-- ===== src/LoadTest/Args.antt =====
-- What the load test is asked for, from src/bin/loadtest.rs: `Args`, and the first part of `main`,
-- which collects the subscriptions. Reading a file is a parameter. The arguments of floating point
-- are left out.
use hypeha.Base.{
  ℕ, Bool, false, not, ◌&&◌, ◌||◌, List, [], ◌∷◌, ◌++◌, Option, none, some, leb, ◌==◌,
  if◌then◌else◌, is_empty, Text, is_continuation,
}
use hypeha.SubKey.{SubKey}
use hypeha.LoadTest.{parse_sub}

pub record Args : Type 0 where
  pub url : Text
  pub channel : Text
  pub coins : List Text
  pub coins_file : Option Text
  pub subs : List Text
  pub compare : List Text
  pub noise_floor : Bool
  pub connections : ℕ
  pub levels : ℕ
  pub token : Option Text

-- Why the program ends before it starts.
pub data Bail : Type 0 where
  unreadable : Text → Bail
  unknown_channel : Text → Bail
  bad_subscription : Text → Bail
  nothing_to_do : Bail
  too_many_streams : ℕ → Bail

pub data Result (A : Type 0) : Type 0 where
  ok : A → Result A
  err : Bail → Result A

-- The first line, and the text behind it if a line feed ended it.
unfoldable pub lines_from : Text → Text × List Text
lines_from [] = ([], [])
lines_from (c ∷ t) =
    let (line, rest) = lines_from t in
    if c == b'\n' then ([], if is_empty t then [] else line ∷ rest) else (c ∷ line, rest)

-- `text.lines()`; a carriage return before the line feed is left to `trim`.
unfoldable pub lines : Text → List Text
lines [] = []
lines (c ∷ t) = let (line, rest) = lines_from (c ∷ t) in line ∷ rest

-- The characters of a text, each as its bytes.
unfoldable pub chars_from : Text → Text × List Text
chars_from [] = ([], [])
chars_from (c ∷ t) =
    let (tail, rest) = chars_from t in
    if is_continuation c then (c ∷ tail, rest) else ([], (c ∷ tail) ∷ rest)

abbrev between : ℕ → ℕ → ℕ → Bool
between low high c = leb low c && leb c high

-- Unicode's `White_Space`.
unfoldable pub is_whitespace : Text → Bool
is_whitespace [] = false
is_whitespace (c ∷ []) = between 9 13 c || c == 32
is_whitespace (c ∷ d ∷ []) = c == 0xC2 && (d == 0x85 || d == 0xA0)
is_whitespace (c ∷ d ∷ e ∷ []) =
    (c == 0xE1 && d == 0x9A && e == 0x80)
    || (c == 0xE2 && d == 0x80 && (between 0x80 0x8A e || e == 0xA8 || e == 0xA9 || e == 0xAF))
    || (c == 0xE2 && d == 0x81 && e == 0x9F)
    || (c == 0xE3 && d == 0x80 && e == 0x80)
is_whitespace (c ∷ d ∷ e ∷ f ∷ t) = false

unfoldable pub trim_left : List Text → List Text
trim_left [] = []
trim_left (c ∷ cs) = let rest = trim_left cs in if is_whitespace c then rest else c ∷ cs

unfoldable pub trim_right : List Text → List Text
trim_right [] = []
trim_right (c ∷ cs) =
    let rest = trim_right cs in if is_whitespace c && is_empty rest then [] else c ∷ rest

unfoldable pub concat {ℓ} : {A : Type ℓ} → List (List A) → List A
concat [] = []
concat (xs ∷ xss) = xs ++ concat xss

unfoldable pub trim : Text → Text
trim t = concat (trim_right (trim_left (chars_from t).1))

abbrev starts_with : ℕ → Text → Bool
starts_with c [] = false
starts_with c (d ∷ t) = d == c

-- The coins of a file: its lines, without those that are empty or comments.
unfoldable pub coins_of : List Text → List Text
coins_of [] = []
coins_of (line ∷ rest) =
    let others = coins_of rest in
    let c = trim line in if not (is_empty c) && not (starts_with b'#' c) then c ∷ others else others

unfoldable pub parse_each :
    (Text → Option SubKey) → (Text → Bail) → List Text → Result (List SubKey)
parse_each parse refuse [] = Result.ok []
parse_each parse refuse (spec ∷ specs) =
    let rest = parse_each parse refuse specs in
    elim (parse spec) [
      | none ↦ Result.err (refuse spec)
      | some k ↦ elim rest [ Result.ok ks ↦ Result.ok (k ∷ ks) | Result.err e ↦ Result.err e ]
    ]

-- `read_to_string`; `none` is its error.
module _ (read_to_string : Text → Option Text) where
  unfoldable pub all_coins : Args → Result (List Text)
  all_coins args = elim args.coins_file [
    | none ↦ Result.ok args.coins
    | some path ↦ elim (read_to_string path) [
      | none ↦ Result.err (Bail.unreadable path)
      | some text ↦ Result.ok (args.coins ++ coins_of (lines text))
    ]
  ]

  -- The subscriptions: the channel of the arguments for each coin, and then those written out.
  unfoldable pub all_subs : Args → Result (List SubKey)
  all_subs args = elim (all_coins args) [
    | Result.err e ↦ Result.err e
    | Result.ok coins ↦
        elim (parse_each (λ coin. parse_sub (args.channel ++ (b':' ∷ coin)) args.levels)
          (λ coin. Bail.unknown_channel args.channel) coins) [
            | Result.err e ↦ Result.err e
            | Result.ok ks ↦
                elim (parse_each (λ spec. parse_sub spec args.levels) Bail.bad_subscription
                  args.subs) [
                    | Result.err e ↦ Result.err e
                    | Result.ok more ↦ Result.ok (ks ++ more)
                  ]
          ]
  ]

----

• _Task requirements_: Within the lines above, find those holding the word "levels" and copy them.

• _Your response_:
  pub levels : ℕ
        elim (parse_each (λ coin. parse_sub (args.channel ++ (b':' ∷ coin)) args.levels)
                elim (parse_each (λ spec. parse_sub spec args.levels) Bail.bad_subscription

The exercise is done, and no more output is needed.